===== Provided entries =====

-- ===== src/Bytes/Parser.antt =====
-- Methods that read from a stream and may raise, and numbers in big-endian order.
use mutiny_net.Prelude.{
  ℕ, zero, suc, ◌+◌, ◌*◌, ◌/◌, ◌%◌, ◌^◌, ◌<◌, ◌≡◌, refl, sym, ap, ◌∙◌, subst, arith, Bool, true,
  List, [], ◌∷◌, ◌++◌, ltb, if◌then◌else◌, length, length-append, take, drop,
}
use mutiny_net.Prelude.Result.{Exception, Result, ok, err, overflow_error, ok-injective, guard}
use mutiny_net.Bytes.{Reader}
use mutiny_net.Bytes.Reads.{Reads, ◌+>◌, take-append, drop-append}
use mathlib.Core.List.{append_assoc}
use native.Mathlib.Nat.{pow-suc}

-- A method that reads from a stream, and raises or gives the object and the rest.
abbrev pub Parser {ℓ} : Type ℓ → Type ℓ
Parser A = List ℕ → Result (A × List ℕ)

infixl 5 ◌>>=◌ ◌>>◌
unfoldable pub ◌>>=◌ {ℓ κ} : {A : Type ℓ} {B : Type κ} → Parser A → (A → Parser B) → Parser B
(first >>= rest) f = elim (first f) [ err e ↦ err e | ok (a, f') ↦ rest a f' ]

unfoldable pub ◌>>◌ {κ} : {B : Type κ} → Parser (Unit {0}) → Parser B → Parser B
unfolding ◌>>=◌
first >> rest = first >>= λ done. rest

-- A method that does not raise
unfoldable pub always {ℓ} : {A : Type ℓ} → Reader A → Parser A
always read f = ok (read f)

-- A call that does not read
unfoldable pub call {ℓ} : {A : Type ℓ} → Result A → Parser A
call r f = elim r [ err e ↦ err e | ok a ↦ ok (a, f) ]

unfoldable pub assert : Bool → Exception → Parser (Unit {0})
unfolding call
assert test e = call (guard test e)

-- `int.from_bytes(_, "big")`
be_from : ℕ → List ℕ → ℕ
be_from k [] = k
be_from k (b ∷ s) = be_from (k * 256 + b) s

be_digits : ℕ → ℕ → List ℕ
be_digits zero k = []
be_digits (suc n) k = be_digits n (k / 256) ++ (k % 256) ∷ []

-- `k.to_bytes(n, "big")`
unfoldable pub to_bytes_big : ℕ → ℕ → Result (List ℕ)
unfolding be_digits
to_bytes_big n k = if ltb k (256 ^ n) then ok (be_digits n k) else err overflow_error

-- `int.from_bytes(f.read(n), "big")`
unfoldable pub read_big : ℕ → Reader ℕ
unfolding be_from
read_big n f = (be_from 0 (take n f), drop n f)

length-be_digits : (n k : ℕ) → length (be_digits n k) ≡ n
unfolding be_digits
length-be_digits zero k = refl
length-be_digits (suc n) k =
    omega
      (arith, length-append (be_digits n (k / 256)) ((k % 256) ∷ []), length-be_digits n (k / 256))

be_from-append : (k : ℕ) (s : List ℕ) (b : ℕ) → be_from k (s ++ b ∷ []) ≡ be_from k s * 256 + b
unfolding be_from
be_from-append k [] b = refl
be_from-append k (c ∷ s) b = be_from-append (k * 256 + c) s b

be_from-be_digits : (n k : ℕ) → k < 256 ^ n → be_from 0 (be_digits n k) ≡ k
unfolding be_from be_digits
be_from-be_digits zero k h = omega arith
be_from-be_digits (suc n) k h = omega (
  arith,
  be_from-append 0 (be_digits n (k / 256)) (k % 256),
  be_from-be_digits n (k / 256) (omega (arith, pow-suc 256 n)),
)

to_bytes_big-eq-ok :
    (n k : ℕ) (s : List ℕ) → to_bytes_big n k ≡ ok s → (length s ≡ n) × (be_from 0 s ≡ k)
unfolding to_bytes_big
to_bytes_big-eq-ok n k s h =
    let (l, e) = fits h in
    (ap length (sym e) ∙ length-be_digits n k, ap (be_from 0) (sym e) ∙ be_from-be_digits n k l)
  where
    fits : to_bytes_big n k ≡ ok s → (k < 256 ^ n) × (be_digits n k ≡ s)
    fits g = ground arith

pub Reads-big : (n k : ℕ) → Reads (to_bytes_big n k) (read_big n) k
unfolding read_big
Reads-big n k = record {
  back = λ s rest e.
      let (l, v) = to_bytes_big-eq-ok n k s e in
      subst
        (λ (i : ℕ).
          ◌≡◌ {A = ℕ × List ℕ} (be_from 0 (take i (s ++ rest)), drop i (s ++ rest)) (k, rest))
        l (rw (take-append s rest, drop-append s rest, v) refl);
}

-- What the writer gives, if it gives anything, is read as `a`, and the rest of the stream is left.
pub record Parses {ℓ} {A : Type ℓ} (writer : Result (List ℕ)) (parser : Parser A) (a : A)
    : Type ℓ where
  pub back : (s rest : List ℕ) → writer ≡ ok s → parser (s ++ rest) ≡ ok (a, rest)

pub Parses-always {ℓ} :
    {A : Type ℓ} {m : Result (List ℕ)} {d : Reader A} {a : A} → Reads m d a → Parses m (always d) a
unfolding always
Parses-always r = record { back = λ s rest e. ap ok (r.back s rest e) }

module _ {ℓ κ} {A : Type ℓ} {B : Type κ} where
  pub Parses-append :
      {m n : Result (List ℕ)} {d : Parser A} (k : A → Parser B) {a : A} {b : B}
      → Parses m d a
      → Parses n (k a) b
      → Parses (m +> n) (d >>= k) b
  unfolding ◌>>=◌
  Parses-append {m} {n} {d} k {a} {b} p q = record { back = back m n p q }
    where
      back :
          (m n : Result (List ℕ))
          → Parses m d a
          → Parses n (k a) b
          → (s rest : List ℕ) → (m +> n) ≡ ok s
          → (d >>= k) (s ++ rest) ≡ ok (b, rest)
      back (ok x) (ok y) p q s rest e =
          subst (λ (u : List ℕ). (d >>= k) (u ++ rest) ≡ ok (b, rest)) (ok-injective e)
            (rw (append_assoc x y rest, p.back x (y ++ rest) refl, ◌>>=◌) (q.back y rest refl))
      back (ok x) (err z) p q s rest e = cc
      back (err z) n p q s rest e = cc

  -- A continuation that reads nothing.
  pub Parses-give :
      {m : Result (List ℕ)} {d : Parser A} (k : A → Parser B) {a : A} {b : B}
      → Parses m d a
      → ((rest : List ℕ) → k a rest ≡ ok (b, rest))
      → Parses m (d >>= k) b
  unfolding ◌>>=◌
  Parses-give k p e = record { back = λ s rest h. rw (p.back s rest h, ◌>>=◌) (e rest) }

  -- A call that succeeds
  pub Parses-call :
      {n : Result (List ℕ)} {r : Result A} (k : A → Parser B) {a : A} {b : B}
      → r ≡ ok a
      → Parses n (k a) b
      → Parses n (call r >>= k) b
  unfolding ◌>>=◌ call
  Parses-call k e p = record { back = λ s rest h. rw e (p.back s rest h) }

pub Parses-assert {κ} :
    {B : Type κ} {n : Result (List ℕ)} {test : Bool} (e : Exception) {k : Parser B} {b : B}
    → test ≡ true
    → Parses n k b
    → Parses n (assert test e >> k) b
unfolding assert ◌>>◌ ◌>>=◌ call
Parses-assert e t p = record { back = λ s rest h. rw t (p.back s rest h) }

-- What a parser gives is passed on.
pub >>=-of {ℓ κ} :
    {A : Type ℓ} {B : Type κ} (d : Parser A) (k : A → Parser B) (f : List ℕ) {a : A} {f' : List ℕ}
    → d f ≡ ok (a, f')
    → (d >>= k) f ≡ k a f'
unfolding ◌>>=◌
>>=-of d k f e = rw (e, ◌>>=◌) refl

pub call-of {ℓ} : {A : Type ℓ} (r : Result A) (f : List ℕ) {a : A} → r ≡ ok a → call r f ≡ ok (a, f)
unfolding call
call-of r f e = rw (e, call) refl
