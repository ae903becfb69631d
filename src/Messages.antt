-- ===== src/Messages.antt =====
-- The transaction and block formats of `miner_imports/test_framework/messages.py` that `miner` writes
-- and reads, under the names of their classes. A hash of 256 bits is a number. The cached texts
-- `hash` of a transaction and of a header are the cached numbers `sha256` in hexadecimal, and are not
-- kept apart.
pub mod Write
pub mod Read
pub mod Parts
pub mod RoundTrip
pub mod Vectors
pub mod Tests
use mutiny_net.Prelude.{ℕ, Option, none, some, List, [], ◌∷◌, Bool, true, false, ◌&&◌}
use mutiny_net.Prelude.Int.{ℤ, pos}

pub record COutPoint : Type 0 where
  pub hash : ℕ
  pub n : ℕ

pub record CTxIn : Type 0 where
  pub prevout : COutPoint
  pub script_sig : List ℕ
  pub n_sequence : ℕ

pub record CTxOut : Type 0 where
  pub n_value : ℤ
  pub script_pub_key : List ℕ

-- `CTxInWitness` holds a `CScriptWitness`, which holds `stack` alone.
pub record CTxInWitness : Type 0 where
  pub stack : List (List ℕ)

-- `wit` is the list `vtxinwit` of the transaction's `CTxWitness`.
pub record CTransaction : Type 0 where
  pub version : ℕ
  pub vin : List CTxIn
  pub vout : List CTxOut
  pub wit : List CTxInWitness
  pub n_lock_time : ℕ
  pub sha256 : Option ℕ

-- `CTransaction()`
abbrev pub new_tx : CTransaction
new_tx = record { version = 2; vin = []; vout = []; wit = []; n_lock_time = 0; sha256 = none }

pub record CBlockHeader : Type 0 where
  pub n_version : ℤ
  pub hash_prev_block : ℕ
  pub hash_merkle_root : ℕ
  pub n_time : ℕ
  pub n_bits : ℕ
  pub n_nonce : ℕ
  pub block_sha256 : Option ℕ

-- `CBlockHeader()`, as `set_null` makes it
abbrev pub set_null : CBlockHeader
set_null = record {
  n_version = pos 4;
  hash_prev_block = 0;
  hash_merkle_root = 0;
  n_time = 0;
  n_bits = 0;
  n_nonce = 0;
  block_sha256 = none;
}

-- A block is a header with the attribute `vtx`.
pub record CBlock : Type 0 where
  pub header : CBlockHeader
  pub vtx : List CTransaction

-- `CTxInWitness.is_null`
unfoldable pub stack_is_null : CTxInWitness → Bool
stack_is_null w = elim w.stack [ [] ↦ true | item ∷ items ↦ false ]

-- `CTxWitness.is_null`
unfoldable pub wit_is_null : List CTxInWitness → Bool
unfolding stack_is_null
wit_is_null [] = true
wit_is_null (w ∷ ws) = stack_is_null w && wit_is_null ws
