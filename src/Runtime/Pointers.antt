-- ===== src/Runtime/Pointers.antt =====
-- The address ranges that pointers point into: sorted, merged and searched (the first part of
-- collect_string_groups in src/runtime_enrich_core.cpp). The search for the last range that starts
-- at most at the value walks the list where the source halves it.
use viy.Base.{
  ℕ, Bool, false, ◌&&◌, ◌||◌, Option, none, some, List, [], ◌∷◌, ◌++◌, max, ltb, leb, ◌==◌,
  if◌then◌else◌,
}

abbrev pub AddrRange : Type 0
AddrRange = ℕ × ℕ

-- The order of std::pair.
unfoldable pub range_before : AddrRange → AddrRange → Bool
range_before (a, b) (c, d) = ltb a c || a == c && ltb b d

unfoldable pub insert_range : AddrRange → List AddrRange → List AddrRange
unfolding range_before
insert_range r [] = r ∷ []
insert_range r (s ∷ ranges) =
    let rest = insert_range r ranges in if range_before r s then r ∷ s ∷ ranges else s ∷ rest

unfoldable pub sort_ranges : List AddrRange → List AddrRange
unfolding insert_range
sort_ranges [] = []
sort_ranges (r ∷ ranges) = insert_range r (sort_ranges ranges)

-- The loop that merges, from the back of `mapped` on: `back` is its last range. Empty ranges are
-- skipped.
unfoldable pub merge_step : AddrRange → AddrRange → List AddrRange × AddrRange
merge_step (first, last) (start, end) =
    if leb end start
    then ([], (first, last))
    else if leb start last
    then ([], (first, max last end))
    else ((first, last) ∷ [], (start, end))

unfoldable pub merge_into : AddrRange → List AddrRange → List AddrRange
unfolding merge_step
merge_into back [] = back ∷ []
merge_into back (r ∷ ranges) = (merge_step back r).0 ++ merge_into (merge_step back r).1 ranges

unfoldable pub merge_ranges : List AddrRange → List AddrRange
unfolding merge_into
merge_ranges [] = []
merge_ranges ((start, end) ∷ ranges) =
    if leb end start then merge_ranges ranges else merge_into (start, end) ranges

-- upper_bound and the range before it: the end of the last range that starts at `value` or below.
unfoldable pub last_end : List AddrRange → ℕ → Option ℕ
last_end [] value = none
last_end ((start, end) ∷ ranges) value =
    if ltb value start
    then none
    else elim (last_end ranges value) [ none ↦ some end | some e ↦ some e ]

abbrev pub ends_after : ℕ → Option ℕ → Bool
ends_after value none = false
ends_after value (some end) = ltb value end

unfoldable pub is_pointer : List AddrRange → ℕ → Bool
unfolding last_end
is_pointer mapped value = if value == 0 then false else ends_after value (last_end mapped value)

unfoldable pub mapped_ranges : List AddrRange → List AddrRange
unfolding sort_ranges merge_ranges
mapped_ranges pointer_ranges = merge_ranges (sort_ranges pointer_ranges)

-- Some range has the value.
unfoldable pub in_range : AddrRange → ℕ → Bool
in_range (start, end) value = leb start value && ltb value end

unfoldable pub in_ranges : List AddrRange → ℕ → Bool
unfolding in_range
in_ranges [] value = false
in_ranges (r ∷ ranges) value = in_range r value || in_ranges ranges value
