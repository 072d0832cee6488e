-- ===== src/Runtime/Pascal.antt =====
-- Strings with a length before them (add_pascal_interpretations and unique_pascal_candidate of
-- src/runtime_enrich_core.cpp).
use viy.Base.{
  ℕ, Option, none, some, List, [], ◌∷◌, ◌++◌, length, take, drop, ltb, leb, if◌then◌else◌,
}
use viy.Runtime.Utf8.{
  ◌>>=◌, RuntimeEncoding, utf16_le, utf16_be, utf32_le, utf32_be, decode_utf8_exact,
}
use viy.Runtime.Wide.{decode_utf16_exact, decode_utf32_exact}
use viy.Runtime.Candidates.{
  StringLayout, pascal8, pascal16, pascal32, DecodedString, StringScanOptions, assign_candidate,
  found, read_prefix, checked_payload_size,
}

-- One reading of the prefix: its units have `unit_width` bytes, and `decode` reads the payload.
unfoldable pub interpretation :
    (List ℕ → Option (List ℕ × RuntimeEncoding))
    → ℕ
    → List ℕ
    → ℕ
    → StringLayout
    → StringScanOptions
    → Option DecodedString
unfolding read_prefix checked_payload_size assign_candidate
interpretation decode unit_width bytes prefix_width layout options = do
  (payload_size, raw_size) ←
      checked_payload_size (read_prefix bytes prefix_width options.image_big_endian) unit_width
        prefix_width options.max_candidate_bytes
  (codepoints, encoding) ←
      (if leb payload_size (length (drop prefix_width bytes))
        then decode (take payload_size (drop prefix_width bytes))
        else none)
  some (assign_candidate bytes raw_size encoding layout codepoints)

abbrev pub decode_as : RuntimeEncoding → Option (List ℕ) → Option (List ℕ × RuntimeEncoding)
decode_as encoding none = none
decode_as encoding (some codepoints) = some (codepoints, encoding)

-- What add_pascal_interpretations appends to the candidates.
unfoldable pub pascal_interpretations :
    List ℕ → ℕ → StringLayout → StringScanOptions → List DecodedString
unfolding interpretation
pascal_interpretations bytes prefix_width layout options =
    let big = options.image_big_endian in
    let minimum = options.minimum_characters in
    if ltb (length bytes) prefix_width
    then []
    else found (
        interpretation (λ payload. decode_utf8_exact payload minimum) 1 bytes prefix_width layout
          options)
      ++ (if options.allow_unicode
          then found (
              interpretation
                (λ payload.
                  decode_as (if big then utf16_be else utf16_le)
                    (decode_utf16_exact payload big minimum))
                2 bytes prefix_width layout options)
            ++ found (
                interpretation
                  (λ payload.
                    decode_as (if big then utf32_be else utf32_le)
                      (decode_utf32_exact payload big minimum))
                  4 bytes prefix_width layout options)
          else [])

abbrev pub only_one : List DecodedString → Option DecodedString
only_one [] = none
only_one (c ∷ []) = some c
only_one (c ∷ d ∷ candidates) = none

unfoldable pub unique_pascal_candidate : List ℕ → StringScanOptions → Option DecodedString
unfolding pascal_interpretations
unique_pascal_candidate bytes options =
    if options.allow_length_prefixed
    then only_one (
        pascal_interpretations bytes 1 pascal8 options
        ++ (pascal_interpretations bytes 2 pascal16 options
            ++ pascal_interpretations bytes 4 pascal32 options))
    else none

=====

Instructions for the task
In the data above, find the line that contains "unfolding insert_range" and the line that contains "unfolding merge_step". Repeat exactly those lines and every line between them, and only those.

Task output
unfolding insert_range
sort_ranges [] = []
sort_ranges (r ∷ ranges) = insert_range r (sort_ranges ranges)

-- The loop that merges, from the back of `mapped` on: `back` is its last range. Empty ranges are
-- skipped.
unfoldable pub merge_step : AddrRange → AddrRange → List AddrRange × AddrRange
merge_step (first, last) (start, end) =
    if leb end start
    then ([], (first, last))
    else if leb start last
    then ([], (first, max last end))
    else ((first, last) ∷ [], (start, end))

unfoldable pub merge_into : AddrRange → List AddrRange → List AddrRange
unfolding merge_step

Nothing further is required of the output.